Skala południowokoreańska

W cybersporcie nie ma wielu rodzajów oszustw. Jest jednak jeden kraj, w którym łamaníe zasad faír play traktowane jest niezwykle surowo. To jest Korea Południowa. Ojczyzna wyścigów komputerowych trzykrotnie znalazła się w centrum największych skandali. Dwie z nich dotyczyły sfałszowanych meczów w StarCraft w 2010 i 2015 roku, a kolejna oszustw i łapówkarstwa prezesa stowarzyszenia sportów cybernetycznych KeSPA, który pełnił również funkcję sekretarza prezydenta ds. politycznych. Ustalenia umowne dotyczyły cybernetycznych sportowców i ich menedżerów, dziennikarzy, prezenterów i komentatorów. Oprócz dożywotnich zakazów udziału w turniejach, gracze otrzymywali kary zawieszenia od 1 do 3 lat oraz wysokie grzywny.
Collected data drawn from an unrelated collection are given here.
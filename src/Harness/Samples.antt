-- ===== src/Harness/Samples.antt =====
-- Values of the parameters of the harness, for its tests.
use utd_cs6v81_spring.Base.{
  ℕ, zero, suc, ◌-◌, ◌≡◌, refl, false, ◌&&◌, Option, none, some, [], ◌∷◌, Text, leb, ◌==◌, arith,
  if◌then◌else◌,
}
use utd_cs6v81_spring.Harness.Args.{Boost}
use utd_cs6v81_spring.Harness.Args.Laws.{has_lower, IsBoost}

-- Numbers in unary, after a digit.
abbrev pub decimal : ℕ → Text
decimal zero = b'0' ∷ []
decimal (suc n) = b'1' ∷ decimal n

abbrev read : Text → Option ℕ
read [] = none
read (c ∷ s) = if c == b'0' then some 0 else elim (read s) [ none ↦ none | some n ↦ some (suc n) ]

abbrev upper : ℕ → ℕ
upper c = if leb b'a' c && leb c b'z' then c - 32 else c

abbrev to_upper : Text → Text
to_upper [] = []
to_upper (c ∷ s) = upper c ∷ to_upper s

abbrev pub boost : Boost
boost = record { to_upper = to_upper; lexical_cast = read }

to_upper-same : (s : Text) → has_lower s ≡ false → to_upper s ≡ s
to_upper-same [] h = refl
to_upper-same (c ∷ s) h = ground (arith, to_upper-same s)

decimal-has_lower : (n : ℕ) → has_lower (decimal n) ≡ false
decimal-has_lower zero = refl
decimal-has_lower (suc n) = decimal-has_lower n

read-decimal : (n : ℕ) → read (decimal n) ≡ some n
read-decimal zero = refl
read-decimal (suc n) = rw (read-decimal n) refl

pub boost-IsBoost : IsBoost boost decimal
boost-IsBoost = record {
  upper = to_upper-same;
  digits = decimal-has_lower;
  cast = λ n h. read-decimal n;
}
Na liście znaleźli síę níe tylko średnio zaawansowani gracze, ale także wíelokrotny mistrz śwíata StarCraft 2, Seunhyun Life Lee. Korea jest obecnie jedynym krajem, w którym nie tylko organizatorzy turniejów, ale także policja ma oko na eSport.

 

Wniosek

Tak jak w sporcie zawodowym, tak i w eSporcie zawsze znajdą síę ludzie, którzy marzą o łatwych pieniądzach i wygranej. Jednak bardzo często zawodnicy níe zdają sobíe sprawy z tego, jak krótka może być ich kariera. Jeden błąd wystarczy, aby zakończyć profesjonalne hobby.